The Functional Nursing Hustle Culture
- R.E. Hengsterman

- 3 days ago
- 4 min read
Updated: 2 days ago
Why the Instagram Dream of Economic Freedom— Wine Glass, Beach Photo, Luxury Car — Isn’t the Whole Story.

In the age of polished Instagram reels and TikTok sound-bites, it’s too easy for nurses (and all professionals) to be swept up in the aesthetics of hustle culture. You see the young, tattooed “functional nurse” on a beach in Bali, sipping coconut water, typing on a Mac with an exotic car in the background, and you think: Maybe I too could escape the bedside, build a lucrative side-hustle, become my own boss, work from Italy…
“What you see online isn’t a mirror—it’s a highlight reel designed to sell you the dream.”
It’s not an accident that those reels are dominated by people who are conventionally attractive, fit, and photogenic. Being objectively aesthetically appealing fuels the machine—it draws the eye, feeds engagement, and converts clicks into credibility. The algorithm rewards beauty long before it rewards skill.
“In the attention economy, beauty is currency—and the algorithm always pays the pretty first.”
I come to this as a medical expert, with a proven track record, academic bona fides, and years of bedside nursing. I also write books and freelance. I make 100% of my income from nursing, writing, and creative work.
I sell a handful of books. I love to write. I love to create. But I’ve also lived my own version of the hustle culture — the kind that isn’t built on selling courses or chasing followers, but on survival. Long hours. Raising kids. Working shifts. Doing what had to be done to keep life moving forward.
Not because I couldn’t make it as a nurse — I did. And not because I’m disillusioned with the system. I know it’s imperfect.
Walk into any Fortune 500 company and you’ll see the same thing: imperfection and chaos, neatly dressed up as order.
But in today’s world, marketing may be a requirement — to succeed, to stay visible, to connect. Just be cautious not to become a victim of the machine.
“For some of us, hustle isn’t a brand—it’s survival.”
And here’s the hook: Before you become a victim to “girl boss / boy boss” culture, realize you are the economic engine making others rich. When I first posted on social media, I received countless DMs feigning interest—only to fuel their hustle culture (the course-seller, the coach, the “be your own boss as a nurse” guru).
I love nurses and their creativity. Nurses are a powerful economic force. But be wary—those selling functional-nurse courses (“work from home as a nurse coach,” “wellness nurse,” “nursepreneur,” etc.) may be funding that lifestyle off you.

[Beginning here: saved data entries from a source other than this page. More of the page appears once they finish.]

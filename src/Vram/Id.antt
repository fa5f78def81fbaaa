-- ===== src/Vram/Id.antt =====
-- The ids of leases in src/ovram.c: `"lv%llu"` of a counter tells the leases apart.
use omniserve_native.Prelude.{
  ℕ, zero, suc, ◌+◌, ◌-◌, ◌*◌, ◌/◌, ◌%◌, ◌≤◌, ◌<◌, ◌≡◌, refl, sym, ap, ◌∙◌, inl, inr, true, List,
  [], ◌∷◌, ◌++◌, arith, Bool-cases, ltb, ◌==◌, drop,
}
use omniserve_native.Json.Lookup.{same_bytes}
use omniserve_native.Vram.Grant.{digits, lease_id}

-- The number that a text of digits stands for, after `acc`.
abbrev read_from : ℕ → List ℕ → ℕ
read_from acc [] = acc
read_from acc (d ∷ ds) = read_from (acc * 10 + (d - 48)) ds

read_from-snoc :
    (acc : ℕ) (ds : List ℕ) (d : ℕ)
    → read_from acc (ds ++ d ∷ []) ≡ read_from acc ds * 10 + (d - 48)
read_from-snoc acc [] d = refl
read_from-snoc acc (e ∷ ds) d = read_from-snoc (acc * 10 + (e - 48)) ds d

read_from-digits : (fuel n : ℕ) → n < fuel → read_from 0 (digits fuel n) ≡ n
unfolding digits
read_from-digits zero n h = elim h [ ]
read_from-digits (suc fuel) n h = elim (Bool-cases (ltb n 10)) [
  | inl small ↦ rw (small, digits) (omega arith)
  | inr large ↦
      let big : 10 ≤ n = ground arith in
      let rest = read_from-digits fuel (n / 10) (omega arith) in
      rw (large, digits, read_from-snoc 0 (digits fuel (n / 10)) (48 + n % 10))
        (omega (arith, rest))
]

read_id : List ℕ → ℕ
read_id id = read_from 0 (drop 2 id)

-- Two leases with the same id have the same number.
pub lease_id-injective : (m n : ℕ) → lease_id m ≡ lease_id n → m ≡ n
unfolding lease_id read_id
lease_id-injective m n e =
    sym (read_from-digits (suc m) m (omega arith))
    ∙ ap read_id e
    ∙ read_from-digits (suc n) n (omega arith)

pub same_bytes-eq : (xs ys : List ℕ) → same_bytes xs ys ≡ true → xs ≡ ys
unfolding same_bytes
same_bytes-eq [] [] h = refl
same_bytes-eq [] (y ∷ ys) h = cc
same_bytes-eq (x ∷ xs) [] h = cc
same_bytes-eq (x ∷ xs) (y ∷ ys) h = elim (Bool-cases (x == y)) [
  | inl e ↦
      let here : x ≡ y = ground arith in
      let there : same_bytes xs ys ≡ true = rw (e, same_bytes) at h in
      rw (here, same_bytes-eq xs ys there) refl
  | inr e ↦ let k = rw (e, same_bytes) at h in cc
]

pub same_bytes_refl : (xs : List ℕ) → same_bytes xs xs ≡ true
unfolding same_bytes
same_bytes_refl [] = refl
same_bytes_refl (x ∷ xs) =
    let e : (x == x) ≡ true = ground arith in rw (e, same_bytes) (same_bytes_refl xs)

The Illusion of Social Media Success
Social media glamorizes hustle. A flawless feed suggests freedom, abundance, ease: “I left my 9-5, I work from a beach, I mentor 100k nurses how to do the same.”
But the numbers tell a different story:
48% of creators earn $15,000 or less a year.
Only 15% make more than $100,000.
Fewer than 0.2% of U.S. nurses are entrepreneurs.
“Behind every ‘freedom lifestyle’ reel, there’s usually a spreadsheet of expenses, algorithms, and burnout.”
The glossy “functional nurse on the beach” feed is not the norm. It’s the exception—and often, the money comes from selling to nurses, not serving clients.
Why “Functional Nurse” Culture Feeds Hustle, Not Freedom
Functional Nurse → A nurse marketing “function,” “wellness,” or “coaching” as lifestyle freedom.
Hustle Culture → The glorification of constant output and monetized identity.
Combine them and the equation looks like this:
“Keep your RN, build a brand, sell a course, live free.”
You invest.
They profit.
You drift further from the work that made you credible in the first place.
“If you’re funding someone’s freedom, ask whose dream you’re really building.”
Most “functional nurse” income likely comes from other nurses buying the promise—not from a steady book of clients.
Why the Bedside + Writing + Freelance Model Still Works
Your license is real.
Your words are yours.
Your stability is earned.
“Sustainable success is quieter than you think—it looks more like discipline than display.”
Anchor your work in skill and authenticity, not spectacle.
The Decompression Habit: Walk. Read. Unplug.
Walking clears the noise; reading rebuilds attention. Both protect mental health in ways no algorithm can.
“Reading is the original mindfulness app—and it never crashes.”
If hustle culture says always be selling, let your counter-practice be always be still.
A Call to Nurses
Guard your license—it’s one of the few AI-proof careers left.
Before you buy, ask who profits.
Demand proof, not promises.
Build substance first; style will follow.
Protect your peace.
“Not every calling needs a brand.”
Closing Thoughts
Hustle culture thrives on visibility, performance, and illusion. Nursing thrives on competence, integrity, and care.
You don’t need a beach-side laptop photo to prove your worth. The most radical act may be to remain steady—showing up for clients, family, and craft without turning yourself into a product.
“Stay anchored. Stay curious. Create because you love it—not because you’re told to monetize it.”